Required action - For every line in the entries that contains "omega", show the whole line.

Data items

- - -

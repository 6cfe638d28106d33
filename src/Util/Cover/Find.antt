-- ===== src/Util/Cover/Find.antt =====
-- What the search of Util/Cover finds.
use blazesym.Common.{
  ℕ, suc, ◌+◌, ◌≤◌, ◌<◌, ◌≡◌, ◌⊎◌, ◌%◌, ◌^◌, refl, sym, ◌∙◌, ◌&&◌, ◌||◌, true, false, Option, none,
  some, List, [], ◌∷◌, arith, ltb, leb, ◌==◌, drop, get_elem?, get_elem?-drop, Bool-cases, ltb→le,
  le→ltb, inl, inr,
}
use blazesym.Util.Order.{nat_ord, le_trans}
use blazesym.Util.Search.{find_match_or_lower_bound_by_key}
use blazesym.Util.Search.LowerBound.{IsSortedBy, IsLowerBound, find_match_or_lower_bound_by_key_lem}
use blazesym.Util.Cover.{covers, scan, find_covering}

-- the test of `covers` as a proposition
around :
    (addr start size end : ℕ)
    → (start == addr && size == 0 || leb start addr && ltb addr end) ≡ true
    → ((start ≡ addr) × (size ≡ 0)) ⊎ ((start ≤ addr) × (addr < end))
around addr start size end h = ground arith

module _ {A : Type 0} (start size : A → ℕ) where
  -- The item starts at the address and has no size, or it has the address between its start and its
  -- end, which wraps.
  abbrev pub IsAround : A → (addr : ℕ) → Type 0
  IsAround f addr =
      ((start f ≡ addr) × (size f ≡ 0)) ⊎ ((start f ≤ addr) × (addr < (start f + size f) % 2 ^ 64))

  scan-some :
      (fs : List A) (addr : ℕ) (f : A)
      → scan start size fs addr ≡ some f
      → (i : ℕ) × (get_elem? fs i ≡ some f)
        × (covers start size f addr ≡ true)
        × (ltb addr (start f) ≡ false)
  unfolding scan
  scan-some [] addr f h = cc
  scan-some (g ∷ gs) addr f h = elim (Bool-cases (ltb addr (start g))) [
    | inl t ↦ absurd (let e = rw (t, scan) at h in cc)
    | inr t ↦ elim (Bool-cases (covers start size g addr)) [
      | inl c ↦
          (let e : g ≡ f = (let q = rw (t, c, scan) at h in cc) in
            (0, rw e refl, rw e at c, rw e at t))
      | inr c ↦
          (let (i, at, cov, le) = scan-some gs addr f (rw (t, c, scan) at h) in
            (suc i, at, cov, le))
    ]
  ]

  -- In a list of items that is sorted by start address, a function that is found for an address
  -- is one of the list and is around the address, and no function of the list that starts at the
  -- address or in front of it starts behind the one that is found.
  pub find_covering-some :
      (items : List A) (addr : ℕ) (f : A)
      → IsSortedBy (λ (l : A). (start l)) items
      → find_covering start size items addr ≡ some f
      → (i : ℕ) × (get_elem? items i ≡ some f)
        × (IsAround f addr)
        × ((j : ℕ) (g : A) → get_elem? items j ≡ some g → (start g) ≤ addr → (start g) ≤ (start f))
  unfolding find_covering
  find_covering-some items addr f sorted h =
      of (find_match_or_lower_bound_by_key (λ (l : A). (start l)) items addr) refl
        (find_match_or_lower_bound_by_key_lem (λ (l : A). (start l)) items sorted addr)
    where
      of :
          (idx? : Option ℕ)
          → find_match_or_lower_bound_by_key (λ (l : A). (start l)) items addr ≡ idx?
          → IsLowerBound (λ (l : A). (start l)) items addr idx?
          → (i : ℕ) × (get_elem? items i ≡ some f)
            × (IsAround f addr)
            × ((j : ℕ) (g : A)
                → get_elem? items j ≡ some g
                → (start g) ≤ addr
                → (start g) ≤ (start f))
      of none e bound = absurd (let q = rw (e, find_covering) at h in cc)
      of (some idx) e (first, at, below, most, rest) =
          let (i, at_i, cov, le) = scan-some (drop idx items) addr f (rw (e, find_covering) at h) in
          let found : get_elem? items (idx + i) ≡ some f =
            sym (get_elem?-drop idx i items) ∙ at_i in
          (
            idx + i,
            found,
            around addr (start f) (size f) ((start f + size f) % 2 ^ 64) cov,
            λ j g at_j small. ltb→le (start f) (start g) (
                le_trans (start g) (start first) (start f)
                  (most j g at_j (le→ltb addr (start g) small))
                  (sorted idx (idx + i) first f (omega arith) at found)),
          )
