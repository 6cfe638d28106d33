-- ===== src/Util/Cover/Complete.antt =====
-- When the search of Util/Cover finds something.
use blazesym.Common.{
  ℕ, zero, suc, ◌+◌, ◌-◌, ◌^◌, ◌≤◌, ◌<◌, ◌≡◌, ◌≢◌, refl, sym, ap, ◌∙◌, true, false, Option, none,
  some, List, [], ◌∷◌, arith, ltb, leb, leb→le, ltb→le, ltb→lt, le→ltb, drop, get_elem?,
  get_elem?-drop, Bool-cases, inl, inr,
}
use blazesym.Util.Order.{nat_ord, pair_ord, pair_lt}
use blazesym.Util.Search.{find_match_or_lower_bound_by_key}
use blazesym.Util.Search.LowerBound.{IsSortedBy, IsLowerBound, find_match_or_lower_bound_by_key_lem}
use blazesym.Util.Cover.{covers, scan, find_covering}

module _ {A : Type 0} (start size : A → ℕ) where
  abbrev pub sort_key : A → ℕ × ℕ
  sort_key x = (start x, (size x))

  scan_complete :
      (fs : List A) (addr i : ℕ) (f : A)
      → get_elem? fs i ≡ some f
      → covers start size f addr ≡ true
      → ((j : ℕ) (g : A) → j ≤ i → get_elem? fs j ≡ some g → (start g) ≤ addr)
      → scan start size fs addr ≢ none
  unfolding scan
  scan_complete [] addr i f at cov starts h = cc
  scan_complete (g ∷ gs) addr zero f at cov starts h =
      let e : g ≡ f = cc in
      let t : ltb addr (start g) ≡ false = le→ltb addr (start g) (starts 0 g (omega arith) refl) in
      let c : covers start size g addr ≡ true = rw e cov in (let q = rw (t, c, scan) at h in cc)
  scan_complete (g ∷ gs) addr (suc i) f at cov starts h =
      let t : ltb addr (start g) ≡ false = le→ltb addr (start g) (starts 0 g (omega arith) refl) in
      elim (Bool-cases (covers start size g addr)) [
        | inl c ↦ (let q = rw (t, c, scan) at h in cc)
        | inr c ↦
            scan_complete gs addr i f at cov (λ j k le at_j. starts (suc j) k (omega arith) at_j)
              (rw (t, c, scan) at h)
      ]

  covers-le : (f : A) (addr : ℕ) → covers start size f addr ≡ true → (start f) ≤ addr
  covers-le f addr h = ground (arith, h)

  covers-larger :
      (f g : A) (addr : ℕ)
      → covers start size f addr ≡ true
      → (start g) ≡ (start f)
      → (start g) < addr
      → (size f) ≤ (size g)
      → (start f) + (size f) < 2 ^ 64
      → (start g) + (size g) < 2 ^ 64
      → covers start size g addr ≡ true
  covers-larger f g addr cov e lt le wf wg = ground (arith, cov)

  addr-sorted : (a m b n : ℕ) → pair_lt (a, m) (b, n) ≡ false → ltb a b ≡ false
  unfolding pair_lt
  addr-sorted a m b n h = ground (arith, h)

  size-sorted : (a m b n : ℕ) → pair_lt (a, m) (b, n) ≡ false → a ≡ b → n ≤ m
  unfolding pair_lt
  size-sorted a m b n h e = ground (arith, h)

  pub by_addr :
      (items : List A) → IsSortedBy sort_key items → IsSortedBy (λ (l : A). (start l)) items
  by_addr items sorted i j x y le hx hy =
      addr-sorted (start y) (size y) (start x) (size x) (sorted i j x y le hx hy)

  abbrev pub NoWrap : List A → Type 0
  NoWrap items = (j : ℕ) (g : A) → get_elem? items j ≡ some g → (start g) + (size g) < 2 ^ 64

  -- the scan start size from `r` meets a function that covers start size the address
  scan_from :
      (items : List A) (addr r i : ℕ) (f : A)
      → IsSortedBy sort_key items
      → r ≤ i
      → get_elem? items i ≡ some f
      → covers start size f addr ≡ true
      → scan start size (drop r items) addr ≢ none
  scan_from items addr r i f sorted le at cov =
      let q : r + (i - r) ≡ i = omega arith in
      scan_complete (drop r items) addr (i - r) f
        (get_elem?-drop r (i - r) items ∙ ap (λ (k : ℕ). get_elem? items k) q ∙ at) cov
        (λ j g hj at_j.
          let here : get_elem? items (r + j) ≡ some g = sym (get_elem?-drop r j items) ∙ at_j in
          omega (
            arith,
            covers-le f addr cov,
            ltb→le (start f) (start g) (by_addr items sorted (r + j) i g f (omega arith) here at),
          ))

  pub find_covering_complete :
      (items : List A) (addr i : ℕ) (f : A)
      → IsSortedBy sort_key items
      → NoWrap items
      → get_elem? items i ≡ some f
      → covers start size f addr ≡ true
      → ((j : ℕ) (g : A) → get_elem? items j ≡ some g → (start g) ≤ addr → (start g) ≤ (start f))
      → find_covering start size items addr ≢ none
  unfolding find_covering
  find_covering_complete items addr i f sorted wrap at cov closest h =
      of (find_match_or_lower_bound_by_key (λ (l : A). (start l)) items addr) refl (
        find_match_or_lower_bound_by_key_lem (λ (l : A). (start l)) items (by_addr items sorted)
          addr)
    where
      of :
          (idx? : Option ℕ)
          → find_match_or_lower_bound_by_key (λ (l : A). (start l)) items addr ≡ idx?
          → IsLowerBound (λ (l : A). (start l)) items addr idx?
          → ⊥
      of none e above = omega (arith, covers-le f addr cov, ltb→lt addr (start f) (above i f at))
      of (some r) e (first, at_r, below, most, rest) =
          let same_start : (start first) ≡ (start f) = omega (
            arith,
            closest r first at_r (ltb→le addr (start first) below),
            ltb→le (start first) (start f)
                (most i f at (le→ltb addr (start f) (covers-le f addr cov))),
          ) in
          elim (Bool-cases (leb r i)) [
            | inl t ↦
                scan_from items addr r i f sorted (leb→le r i t) at cov (rw (e, find_covering) at h)
            | inr t ↦
                let front : i < r = ground (arith, t) in
                elim rest [
                  | inl smaller ↦
                      omega
                        (arith, same_start, ltb→lt (start f) (start first) (smaller i f front at))
                  | inr (less, equal, above) ↦
                      let sizes : (size f) ≤ (size first) =
                        size-sorted (start first) (size first) (start f) (size f)
                          (sorted i r f first (omega arith) at at_r) same_start in
                      scan_from items addr r r first sorted (omega arith) at_r
                        (covers-larger f first addr cov same_start (ltb→lt (start first) addr less)
                          sizes (wrap i f at) (wrap r first at_r))
                        (rw (e, find_covering) at h)
                ]
          ]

- - -

Task result -
                  (sorted idx (idx + i) first f (omega arith) at found)),
      let t : ltb addr (start g) ≡ false = le→ltb addr (start g) (starts 0 g (omega arith) refl) in
      let t : ltb addr (start g) ≡ false = le→ltb addr (start g) (starts 0 g (omega arith) refl) in
            scan_complete gs addr i f at cov (λ j k le at_j. starts (suc j) k (omega arith) at_j)
      let q : r + (i - r) ≡ i = omega arith in
          omega (
            ltb→le (start f) (start g) (by_addr items sorted (r + j) i g f (omega arith) here at),
      of none e above = omega (arith, covers-le f addr cov, ltb→lt addr (start f) (above i f at))
          let same_start : (start first) ≡ (start f) = omega (
                      omega
                          (sorted i r f first (omega arith) at at_r) same_start in
                      scan_from items addr r r first sorted (omega arith) at_r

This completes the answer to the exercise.